Exercise brief: From the data below, copy exactly the lines that lie between the one holding "abbrev pub is_delimiter : Track → Bool" and the one holding "unfoldable pub set_current_track", including both, and nothing more.

Records excerpted from a collection:
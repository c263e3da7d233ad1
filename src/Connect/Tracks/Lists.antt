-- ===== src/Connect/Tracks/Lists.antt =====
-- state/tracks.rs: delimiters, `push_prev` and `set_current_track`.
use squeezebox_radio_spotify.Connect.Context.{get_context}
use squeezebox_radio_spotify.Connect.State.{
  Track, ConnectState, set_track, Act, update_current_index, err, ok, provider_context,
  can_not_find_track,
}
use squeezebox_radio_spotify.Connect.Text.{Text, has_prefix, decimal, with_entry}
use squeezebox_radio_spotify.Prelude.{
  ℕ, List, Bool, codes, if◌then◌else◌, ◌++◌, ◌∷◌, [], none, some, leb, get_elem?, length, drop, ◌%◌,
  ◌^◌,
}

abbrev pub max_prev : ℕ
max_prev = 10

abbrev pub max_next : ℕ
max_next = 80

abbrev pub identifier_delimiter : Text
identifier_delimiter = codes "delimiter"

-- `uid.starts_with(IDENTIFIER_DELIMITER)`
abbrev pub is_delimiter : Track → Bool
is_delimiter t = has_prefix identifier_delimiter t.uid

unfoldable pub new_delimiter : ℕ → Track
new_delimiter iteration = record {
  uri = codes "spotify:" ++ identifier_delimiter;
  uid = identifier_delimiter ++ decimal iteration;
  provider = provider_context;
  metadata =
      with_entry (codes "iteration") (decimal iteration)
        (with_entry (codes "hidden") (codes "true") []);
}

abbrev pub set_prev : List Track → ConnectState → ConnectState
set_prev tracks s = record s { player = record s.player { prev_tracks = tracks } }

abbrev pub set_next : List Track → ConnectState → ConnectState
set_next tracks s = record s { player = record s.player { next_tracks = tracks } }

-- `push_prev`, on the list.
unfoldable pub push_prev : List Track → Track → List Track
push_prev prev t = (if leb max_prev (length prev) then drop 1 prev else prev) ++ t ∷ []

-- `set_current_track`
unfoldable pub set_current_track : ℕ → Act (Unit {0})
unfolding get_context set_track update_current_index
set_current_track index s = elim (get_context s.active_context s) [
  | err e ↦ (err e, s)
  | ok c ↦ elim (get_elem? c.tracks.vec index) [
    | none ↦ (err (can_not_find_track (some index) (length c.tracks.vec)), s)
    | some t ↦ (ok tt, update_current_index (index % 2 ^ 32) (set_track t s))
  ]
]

...

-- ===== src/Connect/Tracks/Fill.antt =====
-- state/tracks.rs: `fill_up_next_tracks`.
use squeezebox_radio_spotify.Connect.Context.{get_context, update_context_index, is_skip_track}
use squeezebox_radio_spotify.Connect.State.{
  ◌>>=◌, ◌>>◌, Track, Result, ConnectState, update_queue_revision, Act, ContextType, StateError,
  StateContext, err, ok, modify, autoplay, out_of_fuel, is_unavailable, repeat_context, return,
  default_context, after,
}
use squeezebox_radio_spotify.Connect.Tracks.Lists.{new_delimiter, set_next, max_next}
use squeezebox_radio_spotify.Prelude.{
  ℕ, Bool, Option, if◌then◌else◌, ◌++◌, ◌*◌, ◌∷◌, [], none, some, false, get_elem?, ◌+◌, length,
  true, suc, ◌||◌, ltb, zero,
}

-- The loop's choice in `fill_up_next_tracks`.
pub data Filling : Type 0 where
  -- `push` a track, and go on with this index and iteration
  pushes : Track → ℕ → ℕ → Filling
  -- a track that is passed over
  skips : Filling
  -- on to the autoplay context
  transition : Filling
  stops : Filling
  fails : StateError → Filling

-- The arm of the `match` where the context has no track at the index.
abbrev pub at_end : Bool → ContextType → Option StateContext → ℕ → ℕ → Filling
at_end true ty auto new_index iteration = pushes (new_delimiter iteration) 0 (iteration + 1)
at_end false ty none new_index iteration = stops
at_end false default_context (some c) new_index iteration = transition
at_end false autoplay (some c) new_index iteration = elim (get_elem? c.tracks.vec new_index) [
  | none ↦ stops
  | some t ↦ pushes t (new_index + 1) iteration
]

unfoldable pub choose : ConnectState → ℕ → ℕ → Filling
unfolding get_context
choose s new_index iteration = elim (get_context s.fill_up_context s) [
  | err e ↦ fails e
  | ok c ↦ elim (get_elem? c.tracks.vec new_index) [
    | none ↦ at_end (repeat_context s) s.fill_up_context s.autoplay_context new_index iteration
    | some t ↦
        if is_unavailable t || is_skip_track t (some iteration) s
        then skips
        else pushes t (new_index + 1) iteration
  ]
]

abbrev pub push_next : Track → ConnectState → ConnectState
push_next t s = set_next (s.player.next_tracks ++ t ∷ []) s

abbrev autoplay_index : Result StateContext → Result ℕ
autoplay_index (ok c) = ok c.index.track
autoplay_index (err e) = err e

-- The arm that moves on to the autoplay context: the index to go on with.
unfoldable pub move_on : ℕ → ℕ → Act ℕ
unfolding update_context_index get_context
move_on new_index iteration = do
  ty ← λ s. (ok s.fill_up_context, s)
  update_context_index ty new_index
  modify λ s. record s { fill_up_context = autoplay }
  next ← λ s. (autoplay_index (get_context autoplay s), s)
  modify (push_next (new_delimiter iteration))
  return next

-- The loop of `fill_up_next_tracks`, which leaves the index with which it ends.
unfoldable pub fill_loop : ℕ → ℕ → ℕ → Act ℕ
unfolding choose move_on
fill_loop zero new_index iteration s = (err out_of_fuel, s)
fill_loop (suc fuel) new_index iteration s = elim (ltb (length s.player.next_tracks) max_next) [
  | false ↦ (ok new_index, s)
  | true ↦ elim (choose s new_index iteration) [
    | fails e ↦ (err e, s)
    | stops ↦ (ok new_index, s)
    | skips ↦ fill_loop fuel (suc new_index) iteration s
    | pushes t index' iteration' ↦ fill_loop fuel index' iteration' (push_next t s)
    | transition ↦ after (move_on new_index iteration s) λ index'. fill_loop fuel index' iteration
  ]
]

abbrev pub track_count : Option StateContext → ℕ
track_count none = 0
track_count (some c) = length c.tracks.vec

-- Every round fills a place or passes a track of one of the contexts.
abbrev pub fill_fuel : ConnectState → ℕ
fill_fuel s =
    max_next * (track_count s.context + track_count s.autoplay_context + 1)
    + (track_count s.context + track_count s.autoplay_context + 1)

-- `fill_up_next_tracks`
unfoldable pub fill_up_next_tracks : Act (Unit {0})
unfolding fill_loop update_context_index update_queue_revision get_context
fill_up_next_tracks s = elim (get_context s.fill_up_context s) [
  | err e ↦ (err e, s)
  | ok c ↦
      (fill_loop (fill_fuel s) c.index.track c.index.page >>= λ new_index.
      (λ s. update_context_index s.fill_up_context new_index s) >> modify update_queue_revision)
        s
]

==

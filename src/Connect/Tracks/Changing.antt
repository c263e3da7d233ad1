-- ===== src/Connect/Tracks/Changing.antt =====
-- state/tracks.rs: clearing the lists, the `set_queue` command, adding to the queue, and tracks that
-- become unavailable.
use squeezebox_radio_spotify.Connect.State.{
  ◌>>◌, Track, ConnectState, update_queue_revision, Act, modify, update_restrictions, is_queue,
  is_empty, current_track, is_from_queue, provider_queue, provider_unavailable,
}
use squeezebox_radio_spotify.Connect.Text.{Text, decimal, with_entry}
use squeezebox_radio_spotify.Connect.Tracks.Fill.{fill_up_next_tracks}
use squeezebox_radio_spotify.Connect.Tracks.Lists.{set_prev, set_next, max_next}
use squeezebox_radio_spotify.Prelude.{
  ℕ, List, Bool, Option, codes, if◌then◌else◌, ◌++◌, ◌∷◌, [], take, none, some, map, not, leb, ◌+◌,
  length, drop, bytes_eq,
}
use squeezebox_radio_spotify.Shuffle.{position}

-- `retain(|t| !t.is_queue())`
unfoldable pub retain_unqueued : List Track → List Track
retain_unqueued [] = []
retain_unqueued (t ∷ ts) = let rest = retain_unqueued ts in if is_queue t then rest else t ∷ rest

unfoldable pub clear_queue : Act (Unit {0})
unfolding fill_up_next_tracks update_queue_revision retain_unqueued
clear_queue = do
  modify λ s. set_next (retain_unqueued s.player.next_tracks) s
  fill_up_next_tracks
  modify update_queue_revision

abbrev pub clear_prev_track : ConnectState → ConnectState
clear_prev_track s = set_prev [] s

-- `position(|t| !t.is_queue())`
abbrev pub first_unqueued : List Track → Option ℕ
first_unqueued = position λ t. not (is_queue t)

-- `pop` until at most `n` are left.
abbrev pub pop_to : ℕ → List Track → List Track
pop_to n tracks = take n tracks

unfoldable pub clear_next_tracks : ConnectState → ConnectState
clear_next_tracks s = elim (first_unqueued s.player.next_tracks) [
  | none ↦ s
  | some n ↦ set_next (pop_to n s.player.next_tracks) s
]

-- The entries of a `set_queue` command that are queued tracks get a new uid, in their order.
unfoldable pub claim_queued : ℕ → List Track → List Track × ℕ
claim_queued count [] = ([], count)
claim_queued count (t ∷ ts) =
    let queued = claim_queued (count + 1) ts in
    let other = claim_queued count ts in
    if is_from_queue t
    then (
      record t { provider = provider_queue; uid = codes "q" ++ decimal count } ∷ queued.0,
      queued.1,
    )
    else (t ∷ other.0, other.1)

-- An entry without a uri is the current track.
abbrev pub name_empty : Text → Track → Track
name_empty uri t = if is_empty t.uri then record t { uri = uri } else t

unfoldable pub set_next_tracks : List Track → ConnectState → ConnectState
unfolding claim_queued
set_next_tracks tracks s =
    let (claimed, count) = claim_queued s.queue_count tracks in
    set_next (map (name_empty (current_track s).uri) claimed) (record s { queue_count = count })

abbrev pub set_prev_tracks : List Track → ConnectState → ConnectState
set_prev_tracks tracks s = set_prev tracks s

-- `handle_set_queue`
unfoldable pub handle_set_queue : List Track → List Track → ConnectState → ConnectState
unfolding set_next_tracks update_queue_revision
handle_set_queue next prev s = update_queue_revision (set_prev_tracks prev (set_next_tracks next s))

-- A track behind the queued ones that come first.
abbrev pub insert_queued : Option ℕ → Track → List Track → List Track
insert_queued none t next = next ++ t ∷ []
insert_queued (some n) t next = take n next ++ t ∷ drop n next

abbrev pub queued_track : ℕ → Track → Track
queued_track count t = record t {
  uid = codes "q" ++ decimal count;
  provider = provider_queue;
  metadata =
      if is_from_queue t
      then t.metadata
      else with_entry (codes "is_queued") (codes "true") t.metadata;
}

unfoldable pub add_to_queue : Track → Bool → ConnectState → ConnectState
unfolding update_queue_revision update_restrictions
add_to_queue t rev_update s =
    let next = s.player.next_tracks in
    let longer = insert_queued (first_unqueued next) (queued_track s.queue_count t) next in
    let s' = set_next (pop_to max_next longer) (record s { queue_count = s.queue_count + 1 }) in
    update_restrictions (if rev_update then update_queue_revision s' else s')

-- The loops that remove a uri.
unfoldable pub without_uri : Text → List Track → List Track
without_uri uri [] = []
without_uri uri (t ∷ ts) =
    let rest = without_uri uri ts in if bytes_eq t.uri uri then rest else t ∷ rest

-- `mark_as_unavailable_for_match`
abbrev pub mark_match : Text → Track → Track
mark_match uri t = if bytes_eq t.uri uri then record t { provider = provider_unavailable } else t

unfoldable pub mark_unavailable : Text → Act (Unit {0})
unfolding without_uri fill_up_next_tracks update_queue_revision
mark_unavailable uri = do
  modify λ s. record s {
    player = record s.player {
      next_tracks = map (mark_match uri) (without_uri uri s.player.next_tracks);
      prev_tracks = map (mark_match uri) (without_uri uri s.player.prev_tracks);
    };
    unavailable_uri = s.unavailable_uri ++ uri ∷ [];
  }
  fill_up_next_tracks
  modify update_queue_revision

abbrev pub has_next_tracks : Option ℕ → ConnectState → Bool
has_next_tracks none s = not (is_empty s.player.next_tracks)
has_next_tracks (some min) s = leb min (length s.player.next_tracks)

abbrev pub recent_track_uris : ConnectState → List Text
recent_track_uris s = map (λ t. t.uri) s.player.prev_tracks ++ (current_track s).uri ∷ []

Output below:
abbrev pub is_delimiter : Track → Bool
is_delimiter t = has_prefix identifier_delimiter t.uid

unfoldable pub new_delimiter : ℕ → Track
new_delimiter iteration = record {
  uri = codes "spotify:" ++ identifier_delimiter;
  uid = identifier_delimiter ++ decimal iteration;
  provider = provider_context;
  metadata =
      with_entry (codes "iteration") (decimal iteration)
        (with_entry (codes "hidden") (codes "true") []);
}

abbrev pub set_prev : List Track → ConnectState → ConnectState
set_prev tracks s = record s { player = record s.player { prev_tracks = tracks } }

abbrev pub set_next : List Track → ConnectState → ConnectState
set_next tracks s = record s { player = record s.player { next_tracks = tracks } }

-- `push_prev`, on the list.
unfoldable pub push_prev : List Track → Track → List Track
push_prev prev t = (if leb max_prev (length prev) then drop 1 prev else prev) ++ t ∷ []

-- `set_current_track`
unfoldable pub set_current_track : ℕ → Act (Unit {0})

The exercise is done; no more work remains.